# Tour vs Path in graph theroy

English is not my mother tongue so I don´t know exactly wich is the difference between a tour and path in graphs theory context. I think that in both cases it is a way throught various vertex or points. Is this correct?

• Usually, a path connects two vertices without repeat. A tour goes though all vertices. Aug 22, 2017 at 14:53
• So the difference is if vertices are repeated?
– Ixer
Aug 22, 2017 at 15:10
• All vertices -- tour. Some vertices -- path. Neither repeats a vertex. Aug 22, 2017 at 15:11
• Seems that a tour is a clycle according to this phrase in wikipedia :"A Hamiltonian cycle, Hamiltonian circuit, vertex tour or graph cycle is a cycle that visits each vertex exactly once (except for the vertex that is both the start and end, which is visited twice)." Is this incorrect in wikipedia?
– Ixer
Aug 22, 2017 at 15:40

Walk - A sequence of vertices and edges, where the edges connect the adjacent vertices in the sequence

Tour - a walk with no repeated edges

Path - a walk with no repeated vertices

Source: CS 70 MT1 Review Spring 2018 @ UC Berkeley

• can you link to the cs70 review? Sep 7, 2020 at 22:55

A path is a walk with no repeated vertices.

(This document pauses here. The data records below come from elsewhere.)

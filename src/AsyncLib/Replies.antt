-- ===== src/AsyncLib/Replies.antt =====
-- The reply coroutines of crates/example/src/async_lib.rs, which hand the replies of a shared buffer
-- to the coroutines that wait for them.
use rust_root_task_demo.Common.{
  read, assert, unwrap, panic, ret, Outcome, ltb, some, none, false, true, Bool, suc, zero, ◌>>◌,
  if◌then◌else◌, ◌>>=◌, ◌==◌, ◌^◌, ◌%◌, ◌*◌, ◌+◌, ℕ,
}
use rust_root_task_demo.MessageInfo.{AsyncMessageLabel, label_from, riscv_page_get_address}
use rust_root_task_demo.NewBuffer
use rust_root_task_demo.NewBuffer.{IpcItem}
use rust_root_task_demo.AsyncLib.{World, lookup, store, wake_with_value, yield_resumed}

-- The address that the reply to `RISCVPageGetAddress` is printed with, in 64 bits. Each line of
-- the source adds before it shifts.
unfoldable pub printed_paddr : IpcItem → Outcome ℕ
printed_paddr item = do
  e1 ← read item.extend_msg 1
  e2 ← read item.extend_msg 2
  e3 ← read item.extend_msg 3
  e4 ← read item.extend_msg 4
  let p1 = (0 + e1) * 2 ^ 48 % 2 ^ 64
  assert (ltb (p1 + e2) (2 ^ 64))
  let p2 = (p1 + e2) * 2 ^ 32 % 2 ^ 64
  assert (ltb (p2 + e3) (2 ^ 64))
  let p3 = (p2 + e3) * 2 ^ 16 % 2 ^ 64
  assert (ltb (p3 + e4) (2 ^ 64))
  ret (p3 + e4)

-- What `recv_reply_coroutine_async_syscall` does with the label of a reply: it prints an address.
pub print_reply : IpcItem → AsyncMessageLabel → Outcome (Unit {0})
print_reply item riscv_page_get_address = printed_paddr item >>= λ _. ret tt
print_reply item _ = ret tt

module _ {ℓ} {F : Type ℓ} where
  -- Each of the two coroutines has a counter `REPLY_COUNT` of its own; the second one prints.
  abbrev pub count_of : Bool → World F → ℕ
  count_of false w = w.reply_count
  count_of true w = w.syscall_reply_count

  abbrev pub with_count : Bool → World F → ℕ → World F
  with_count false w n = record w { reply_count = n }
  with_count true w n = record w { syscall_reply_count = n }

  -- The loop of `recv_reply_coroutine`, and with `prints` of the other, from the start of a round,
  -- with `fuel` rounds to go: it returns `true` at the `break`, and `false` when it yields. `panic`
  -- also stands for a loop that has used up its rounds.
  unfoldable pub recv_reply : Bool → ℕ → ℕ → ℕ → World F → Outcome (Bool × World F)
  recv_reply prints zero ptr reply_num w = panic
  recv_reply prints (suc fuel) ptr reply_num w = do
    b ← unwrap (lookup ptr w.buffers)
    (first, items) ← NewBuffer.get_first_item b.res_items
    let b' = record b { res_items = items }
    elim first [
      | none ↦ ret (false, store w ptr (record b' { recv_reply_status = false }))
      | some item ↦ do
        if prints then print_reply item (label_from item.msg_info) else ret tt
        w' ← wake_with_value (store w ptr b') item.cid item
        assert (ltb (count_of prints w' + 1) (2 ^ 64))
        let counted = with_count prints w' (count_of prints w' + 1)
        let next = recv_reply prints fuel ptr reply_num counted
        if count_of prints counted == reply_num then ret (true, counted) else next
    ]

  -- The same after it has yielded: what `yield_now` returns is dropped.
  pub recv_reply_resumed : Bool → ℕ → ℕ → ℕ → World F → Outcome (Bool × World F)
  recv_reply_resumed prints fuel ptr reply_num w = do
    (_, w') ← yield_resumed w
    recv_reply prints fuel ptr reply_num w'

  -- The two reply coroutines from their start
  unfoldable pub recv_reply_coroutine : ℕ → ℕ → ℕ → World F → Outcome (Bool × World F)
  recv_reply_coroutine = recv_reply false

  pub recv_reply_coroutine_async_syscall : ℕ → ℕ → ℕ → World F → Outcome (Bool × World F)
  recv_reply_coroutine_async_syscall = recv_reply true
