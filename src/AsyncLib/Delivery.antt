-- ===== src/AsyncLib/Delivery.antt =====
-- What `recv_reply_coroutine` of crates/example/src/async_lib.rs does with the replies that wait.
use rust_root_task_demo.Common.{
  ltb_of_lt, ==_eq, ==_ne, subst, sym, if◌then◌else◌, ◌==◌, Outcome-cases, inr, inl, write, panic,
  Outcome, take, length, ==_self, arith, Option, false, true, Bool, ap, refl, suc, zero, ◌>>=◌, ◌∙◌,
  ◌<◌, ◌≤◌, ◌^◌, ◌+◌, ret, [], List, some, none, ◌∷◌, ◌≡◌, ℕ,
}
use rust_root_task_demo.Utils.Queue
use rust_root_task_demo.Utils.SafeRingBuffer.Laws.{pop_safe_refines}
use rust_root_task_demo.NewBuffer.{
  IpcItem, NewBuffer, ItemsQueue, max_item_num, new_item, get_first_item,
}
use rust_root_task_demo.Executor.{Executor, wake}
use rust_root_task_demo.AsyncLib.{World, lookup, store, wake_with_value}
use rust_root_task_demo.AsyncLib.Calls.{IsQueue, items_of}
use rust_root_task_demo.AsyncLib.Replies.{recv_reply, recv_reply_coroutine}

-- `get_first_item` on a queue without an item, and on one with some
first_none :
    (q : ItemsQueue)
    → IsQueue q
    → items_of q ≡ []
    → (q' : ItemsQueue) × (get_first_item q ≡ ret (none, q')) × (items_of q' ≡ []) × IsQueue q'
unfolding get_first_item Queue.pop
first_none q v held =
    let (r, pops, left, valid) = pop_safe_refines new_item max_item_num q.buffer v in
    (
      record { buffer = r },
      rw pops (ap (λ (xs : List IpcItem). ret ((Queue.pop xs).0, record { buffer = r })) held),
      left ∙ ap (λ (xs : List IpcItem). (Queue.pop xs).1) held,
      valid,
    )

first_some :
    (q : ItemsQueue) (item : IpcItem) (rest : List IpcItem)
    → IsQueue q
    → items_of q ≡ item ∷ rest
    → (q' : ItemsQueue) × (get_first_item q ≡ ret (some item, q'))
      × (items_of q' ≡ rest)
      × IsQueue q'
unfolding get_first_item Queue.pop
first_some q item rest v held =
    let (r, pops, left, valid) = pop_safe_refines new_item max_item_num q.buffer v in
    (
      record { buffer = r },
      rw pops (ap (λ (xs : List IpcItem). ret ((Queue.pop xs).0, record { buffer = r })) held),
      left ∙ ap (λ (xs : List IpcItem). (Queue.pop xs).1) held,
      valid,
    )

-- Handing out items in turn, to the executor and the values that coroutines are woken with.
unfoldable pub deliver {ℓ} :
    {F : Type ℓ}
    → List IpcItem
    → Executor F
    → List (Option IpcItem)
    → Outcome (Executor F × List (Option IpcItem))
deliver [] e values = ret (e, values)
deliver (item ∷ rest) e values = do
  values' ← write values item.cid (some item)
  e' ← wake e item.cid
  deliver rest e' values'

module _ {ℓ} {F : Type ℓ} where
  -- What the coroutine does when `items` wait and `missing` of its replies are missing.
  pub data Delivers (w : World F) (ptr missing : ℕ) (items : List IpcItem)
      : Outcome (Bool × World F) → Type ℓ where
    stops :
        deliver (take missing items) w.executor w.immediate_value ≡ panic
        → Delivers w ptr missing items panic
    ends :
        (w' : World F)
        → missing ≤ length items
        → deliver (take missing items) w.executor w.immediate_value
          ≡ ret (w'.executor, w'.immediate_value)
        → w'.reply_count ≡ w.reply_count + missing
        → Delivers w ptr missing items (ret (true, w'))
    blocks :
        (w' : World F) (b' : NewBuffer)
        → length items < missing
        → deliver items w.executor w.immediate_value ≡ ret (w'.executor, w'.immediate_value)
        → w'.reply_count ≡ w.reply_count + length items
        → lookup ptr w'.buffers ≡ some b'
        → items_of b'.res_items ≡ []
        → b'.recv_reply_status ≡ false
        → Delivers w ptr missing items (ret (false, w'))

  -- The thread after one reply has been taken and handed out.
  abbrev handed : World F → ℕ → NewBuffer → Executor F → List (Option IpcItem) → World F
  handed w ptr b e values = record (store w ptr b) {
    executor = e;
    immediate_value = values;
    reply_count = w.reply_count + 1;
  }

  -- What is left to do after the first reply.
  later :
      (w : World F) (ptr m : ℕ) (b : NewBuffer) (item : IpcItem) (rest : List IpcItem)
      (e : Executor F) (values : List (Option IpcItem))
      → write w.immediate_value item.cid (some item) ≡ ret values
      → wake w.executor item.cid ≡ ret e
      → {o : Outcome (Bool × World F)} → Delivers (handed w ptr b e values) ptr (suc m) rest o
      → Delivers w ptr (suc (suc m)) (item ∷ rest) o
  unfolding deliver
  later w ptr m b item rest e values writes wakes (stops all) = stops (rw (writes, wakes) all)
  later w ptr m b item rest e values writes wakes (ends w' enough all count) =
      ends w' (omega (arith, enough)) (rw (writes, wakes) all) (omega (arith, count))
  later w ptr m b item rest e values writes wakes
        (blocks w' b' few all count there none_left flag) =
      blocks w' b' (omega (arith, few)) (rw (writes, wakes) all) (omega (arith, count)) there
        none_left flag

  next_round :
      (fuel ptr n : ℕ) (w : World F) (b : NewBuffer) (item : IpcItem) (q : ItemsQueue)
      (values : List (Option IpcItem)) (e : Executor F)
      → lookup ptr w.buffers ≡ some b
      → get_first_item b.res_items ≡ ret (some item, q)
      → write w.immediate_value item.cid (some item) ≡ ret values
      → wake w.executor item.cid ≡ ret e
      → w.reply_count + 1 < 2 ^ 64
      → recv_reply false (suc fuel) ptr n w ≡ (
          if w.reply_count + 1 == n
          then ret (true, handed w ptr (record b { res_items = q }) e values)
          else recv_reply false fuel ptr n (handed w ptr (record b { res_items = q }) e values))
  unfolding recv_reply wake_with_value store
  next_round fuel ptr n w b item q values e found gets writes wakes small =
      rw (found, gets, writes, wakes, ltb_of_lt (w.reply_count + 1) (2 ^ 64) small) refl

  recv_reply-Delivers :
      (items : List IpcItem) (fuel ptr missing : ℕ) (w : World F) (b : NewBuffer)
      → lookup ptr w.buffers ≡ some b
      → IsQueue b.res_items
      → items_of b.res_items ≡ items
      → length items < fuel
      → w.reply_count + suc missing < 2 ^ 64
      → Delivers w ptr
          (suc missing)
          items
          (recv_reply false fuel ptr (w.reply_count + suc missing) w)
  unfolding recv_reply wake_with_value deliver store lookup
  recv_reply-Delivers items zero ptr missing w b found v held enough small =
      absurd (omega (arith, enough))
  recv_reply-Delivers [] (suc fuel) ptr missing w b found v held enough small =
      let (q, gets, left, valid) = first_none b.res_items v held in
      rw (found, gets)
        (blocks (store w ptr (record b { res_items = q; recv_reply_status = false }))
          (record b { res_items = q; recv_reply_status = false }) (omega arith) refl (omega arith)
          (rw (==_self ptr) refl) left refl)
  recv_reply-Delivers (item ∷ rest) (suc fuel) ptr missing w b found v held enough small =
      let (q, gets, left, valid) = first_some b.res_items item rest v held in
      let b₁ = record b { res_items = q } in
      elim (Outcome-cases (write w.immediate_value item.cid (some item))) [
        | inl fails ↦ rw (found, gets, fails) (stops (rw fails refl))
        | inr (values, writes) ↦ elim (Outcome-cases (wake w.executor item.cid)) [
          | inl fails ↦ rw (found, gets, writes, fails) (stops (rw (writes, fails) refl))
          | inr (e, wakes) ↦
              subst (Delivers w ptr (suc missing) (item ∷ rest))
                (sym (
                  next_round fuel ptr (w.reply_count + suc missing) w b item q values e found gets
                    writes wakes (omega (arith, small))))
                (continues missing small q left valid values writes e wakes (λ m total.
                  recv_reply-Delivers rest fuel ptr m (handed w ptr b₁ e values) b₁
                    (rw (==_self ptr) refl) valid left (omega (arith, enough)) total))
        ]
      ]
    where
      continues :
          (m : ℕ)
          → w.reply_count + suc m < 2 ^ 64
          → (q : ItemsQueue) → items_of q ≡ rest
          → IsQueue q
          → (values : List (Option IpcItem))
          → write w.immediate_value item.cid (some item) ≡ ret values
          → (e : Executor F) → wake w.executor item.cid ≡ ret e
          → ((k : ℕ)
              → w.reply_count + 1 + suc k < 2 ^ 64
              → Delivers (handed w ptr (record b { res_items = q }) e values) ptr (suc k) rest (
                  recv_reply false fuel ptr
                    (w.reply_count + 1 + suc k)
                    (handed w ptr (record b { res_items = q }) e values)))
          → Delivers w ptr (suc m) (item ∷ rest) (
              if w.reply_count + 1 == w.reply_count + suc m
              then ret (true, handed w ptr (record b { res_items = q }) e values)
              else recv_reply false fuel ptr
                  (w.reply_count + suc m)
                  (handed w ptr (record b { res_items = q }) e values))
      continues zero total q left valid values writes e wakes others =
          rw (==_eq (w.reply_count + 1) (w.reply_count + 1) refl) (
            ends (handed w ptr (record b { res_items = q }) e values) (omega arith)
              (rw (writes, wakes) refl) refl)
      continues (suc m) total q left valid values writes e wakes others =
          let shift : w.reply_count + 1 + suc m ≡ w.reply_count + suc (suc m) = omega arith in
          rw (==_ne (w.reply_count + 1) (w.reply_count + suc (suc m)) (λ same. omega (arith, same)))
            (later w ptr m (record b { res_items = q }) item rest e values writes wakes
              (subst
                (λ (n : ℕ).
                  Delivers (handed w ptr (record b { res_items = q }) e values) ptr (suc m) rest (
                    recv_reply false fuel ptr n
                      (handed w ptr (record b { res_items = q }) e values)))
                shift (others m (omega (arith, total)))))

  -- `recv_reply_coroutine` with `missing + 1` replies still to come, a total below the largest word,
  -- a valid queue of replies, and more rounds than replies that wait: it hands the waiting replies in their
  -- order to the coroutines that they name, until the last missing one, at which it ends, or until
  -- none waits, when it clears its flag and waits. It panics exactly if handing one of these out does.
  pub recv_reply_coroutine-Delivers :
      (fuel ptr missing : ℕ) (w : World F) (b : NewBuffer)
      → lookup ptr w.buffers ≡ some b
      → IsQueue b.res_items
      → length (items_of b.res_items) < fuel
      → w.reply_count + suc missing < 2 ^ 64
      → Delivers w ptr
          (suc missing)
          (items_of b.res_items)
          (recv_reply_coroutine fuel ptr (w.reply_count + suc missing) w)
  unfolding recv_reply_coroutine
  recv_reply_coroutine-Delivers fuel ptr missing w b found v enough small =
      recv_reply-Delivers (items_of b.res_items) fuel ptr missing w b found v refl enough small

A trail is a walk with no repeated edges.

A tour is a walk that visits every vertex returning to its starting vertex. A tour could visit some vertices more than once. If you visit them exactly once, then the tour is a Hamiltonian cycle.

A cycle is a walk in which the end vertex is the same as the start vertex and no other vertex is visited more than once.